Slow mellow Posted on October 18, 2010

Acer palmatum 'Sengokaku'

Mid-October and still no real sign of autumn. The last-minute salvias in their brilliant range of primary colours are as good as they are likely to get before they are stopped by frost. Most gardeners seem to agree that it’s hardly worth the trouble for something whose flowers you will only enjoy for two, three of maybe four weeks – but you wouldn’t say that about a spring bulb, would you?

The only trees that are clearly signalling their intention are the predictably early leaf-droppers: Prunus sargentiana is reddening, Fraxinus ‘Jaspidea’ yellowing (but Fraxinus ‘Raywood’ – see my Tree of the Month – only just starting to flush at the top). It was very different in Herefordshire last weekend, on a visit with the I.D.S. to one of England’s greatest maple collections, Hergest Croft, for a maple (or Acer, as we anoraks call them) study day. The climax is still some way off, but the many forms of Acer palmatum and japonicum are certainly firing up. Acer ‘Sengo-kaku’ (‘Senkaki’ to me, and probably you) has already reached its special pitch of delicate pale yellow. It was à propos of its name that Lord Ridley declared there is a special circle of hell for botanists who change long-honoured names.

We learned how to sow maple seed (as quickly as you can, complete with its wings, before it dries out and goes dormant, in any damp but open compost. Leave outside for the winter, keeping rodents at bay). How to do that? Aha: attend the Rodent Study Day.

Grafting came next – and is something I am going to try. A fascinating hour was passed contemplating (photos of) maple flowers. Does any family of trees have a comparable range of flower designs and colours (and seasons)? Far from their leaves in their extraordinary variety being the only attraction of maples, their flowers, fruits – and of course barks – make every other genus look positively pedestrian.

The stop after Hergest Croft was Llanover near Abergavenny, where Robin Herbert, former president of the R.H.S., has been collecting trees for 50 years or so. It was here that I photographed the coral-bark maple illustrated above. (Easier to call it that than to get back into the Sengo-kaku/Senkaki tangle).

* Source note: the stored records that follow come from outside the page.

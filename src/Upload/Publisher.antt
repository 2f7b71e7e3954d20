-- ===== src/Upload/Publisher.antt =====
-- internal/upload/events/publisher.go: the publisher of upload events. The AMQP client, JSON and the
-- clock are a parameter. The mutex is not reentrant: locking it while it is held does not return, so
-- a run either returns or is blocked in the state that it reached.
pub mod Deadlock
pub mod Connections
mod Tests
use progetto_sdcc.Prelude.{
  ℕ, String, Bool, true, false, Option, none, some, Error, wrapped, plain, circuit_open, Result, ok,
  err, if◌then◌else◌,
}
use progetto_sdcc.CircuitBreaker.{CircuitBreaker, new_circuit_breaker, admit, settle, is_failure}
use progetto_sdcc.Upload.Record.{UploadEvent}

-- Connections and channels are handles.
pub record Broker : Type 1 where
  pub World : Type 0
  pub Payload : Type 0
  pub Body : Type 0
  pub dial : World → Result ℕ × World
  pub open_channel : ℕ → World → Result ℕ × World
  pub declare_exchange : ℕ → World → Result (Unit {0}) × World
  pub close_channel : ℕ → World → Result (Unit {0}) × World
  pub close_connection : ℕ → World → Result (Unit {0}) × World
  -- `PublishWithContext` on a channel: routing key and body
  pub publish_message : ℕ → String → Body → World → Result (Unit {0}) × World
  -- `json.Marshal` of an event, and of an envelope: event type, time stamp and payload
  pub marshal_event : UploadEvent → Result Payload
  pub marshal_envelope : String → ℕ → Payload → Result Body
  pub now : World → ℕ

abbrev pub routing_photo : String
routing_photo = "gallery.photo_uploaded"

module _ (broker : Broker) where
  open broker use {World, Body}

  pub record Publisher : Type 0 where
    pub locked : Bool
    pub conn : Option ℕ
    pub channel : Option ℕ
    pub breaker : CircuitBreaker
    pub world : World

  pub data Run (A : Type 0) : Type 0 where
    returned : Result A → Publisher → Run A
    blocked : Publisher → Run A

  abbrev pub Action : Type 0 → Type 0
  Action A = Publisher → Run A

  abbrev pub and_then : {A B : Type 0} → Run A → (A → Action B) → Run B
  and_then (returned (ok a) p) f = f a p
  and_then (returned (err e) p) f = returned (err e) p
  and_then (blocked p) f = blocked p

  infixl 5 ◌>>=◌ ◌>>◌
  abbrev ◌>>=◌ : {A B : Type 0} → Action A → (A → Action B) → Action B
  ◌>>=◌ m f p = and_then (m p) f

  abbrev ◌>>◌ : {B : Type 0} → Action (Unit {0}) → Action B → Action B
  m >> k = m >>= λ _. k

  abbrev lock : Action (Unit {0})
  lock p = if p.locked then blocked p else returned (ok tt) (record p { locked = true })

  abbrev unlock : Action (Unit {0})
  unlock p = returned (ok tt) (record p { locked = false })

  -- A call of the client that must succeed.
  abbrev ask : {A : Type 0} → (World → Result A × World) → Action A
  ask f p = returned (f p.world).0 (record p { world = (f p.world).1 })

  -- A call whose error is thrown away.
  abbrev quietly : {A : Type 0} → (World → Result A × World) → Action (Unit {0})
  quietly f p = returned (ok tt) (record p { world = (f p.world).1 })

  -- `if err != nil { cleanup; return fmt.Errorf("text: %w", err) }`
  abbrev handled : {A : Type 0} → String → Action (Unit {0}) → Run A → Run A
  handled text cleanup (returned (ok a) p) = returned (ok a) p
  handled text cleanup (returned (err e) p) =
      and_then (cleanup p) (λ _ q. returned (err (wrapped text e)) q)
  handled text cleanup (blocked p) = blocked p

  abbrev or_else : {A : Type 0} → Action A → String → Action (Unit {0}) → Action A
  or_else m text cleanup p = handled text cleanup (m p)

  abbrev done : Action (Unit {0})
  done p = returned (ok tt) p

  abbrev close_old_channel : Option ℕ → Action (Unit {0})
  close_old_channel none = done
  close_old_channel (some ch) = quietly (broker.close_channel ch)

  abbrev close_old_connection : Option ℕ → Action (Unit {0})
  close_old_connection none = done
  close_old_connection (some c) = quietly (broker.close_connection c)

  -- The critical section of `connect`, which hands out the old handles.
  abbrev install : ℕ → ℕ → Action (Option ℕ × Option ℕ)
  install c ch p =
      returned (ok (p.conn, p.channel))
        (record p { conn = some c; channel = some ch; locked = false })

  -- `connect` from its critical section on.
  abbrev pub finish : ℕ → ℕ → Action (Unit {0})
  finish conn ch = do
    lock
    (old_conn, old_ch) ← install conn ch
    close_old_channel old_ch
    close_old_connection old_conn

  unfoldable pub connect : Action (Unit {0})
  connect = do
    conn ← or_else (ask broker.dial) "dial" done
    ch ← or_else (ask (broker.open_channel conn)) "channel" (quietly (broker.close_connection conn))
    or_else (ask (broker.declare_exchange ch)) "exchange declare"
        (do quietly (broker.close_channel ch); quietly (broker.close_connection conn))
    finish conn ch

  -- A call on a handle, which panics where there is none.
  abbrev on_handle : (ℕ → World → Result (Unit {0}) × World) → Option ℕ → Action (Unit {0})
  on_handle f none p = returned (err (plain "nil pointer dereference")) p
  on_handle f (some h) p = ask (f h) p

  -- `Close`, which does not lock.
  unfoldable pub close : Action (Unit {0})
  close p =
      and_then (on_handle broker.close_channel p.channel p)
        λ closed. on_handle broker.close_connection p.conn

  unfoldable pub try_publish : String → Body → Action (Unit {0})
  try_publish key body p = elim p.channel [
    | none ↦ returned (err (plain "channel is nil")) p
    | some ch ↦ ask (broker.publish_message ch key body) p
  ]

  -- `defer p.mu.Unlock()`
  abbrev deferred_unlock : Run (Unit {0}) → Run (Unit {0})
  deferred_unlock (returned r p) = returned r (record p { locked = false })
  deferred_unlock (blocked p) = blocked p

  -- One reconnect after a failed first try.
  abbrev retried : String → Body → Run (Unit {0}) → Run (Unit {0})
  retried key body (returned (ok u) p) = returned (ok u) p
  retried key body (returned (err e) p) =
      and_then (or_else connect "reconnect" done p) (λ _. try_publish key body)
  retried key body (blocked p) = blocked p

  unfoldable pub publish : String → Body → Action (Unit {0})
  publish key body = do lock; λ p. deferred_unlock (retried key body (try_publish key body p))

  abbrev failed : Result (Unit {0}) → Bool
  failed (ok u) = false
  failed (err e) = true

  -- The second critical section of the breaker's `Call`, if the function has returned.
  abbrev pub settled : Run (Unit {0}) → Run (Unit {0})
  settled (returned r p) =
      returned r (record p { breaker = settle p.breaker (broker.now p.world) (failed r) })
  settled (blocked p) = blocked p

  -- `p.breaker.Call` around `publish`.
  unfoldable pub guarded_publish : String → Body → Action (Unit {0})
  guarded_publish key body p =
      let (cb, runs) = admit p.breaker (broker.now p.world) in
      if runs
      then settled (publish key body (record p { breaker = cb }))
      else returned (err circuit_open) (record p { breaker = cb })

  -- What PublishPhoto does with an error is to log it.
  abbrev pub logged : Run (Unit {0}) → Run (Unit {0})
  logged (returned r p) = returned (ok tt) p
  logged (blocked p) = blocked p

  abbrev with_body : Result Body → Action (Unit {0})
  with_body (ok body) p = logged (guarded_publish routing_photo body p)
  with_body (err e) p = returned (ok tt) p

  abbrev with_payload : Result broker.Payload → Action (Unit {0})
  with_payload (ok payload) p =
      with_body (broker.marshal_envelope "PhotoUploaded" (broker.now p.world) payload) p
  with_payload (err e) p = returned (ok tt) p

  unfoldable pub publish_photo : UploadEvent → Action (Unit {0})
  publish_photo event = with_payload (broker.marshal_event event)

  -- `NewPublisher` before its first `connect`, whose error it logs.
  unfoldable pub fresh : ℕ → ℕ → World → Publisher
  fresh max reset w = record {
    locked = false;
    conn = none;
    channel = none;
    breaker = new_circuit_breaker max reset;
    world = w;
  }

  unfoldable pub new_publisher : ℕ → ℕ → World → Run (Unit {0})
  new_publisher max reset w = logged (connect (fresh max reset w))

I had never expected to see Quercus alba, the American ‘white oak’, as a big tree in Britain. The books all say it doesn’t work here. The Llanover specimen is not a monster, but large, handsome and vigorous. Among many marvels (one of them the rare American butternut, Carya cordiformis, a 60 foot tower of butter) we saw a huge Viburnum cylindricum from the Chinese Himalayas. The USP of V. cylindricum is its big ovate leaves, covered with a thin layer of wax that takes a signature perfectly. Hillier’s manual warns against hooligans signing them – which I suppose makes me a hooligan.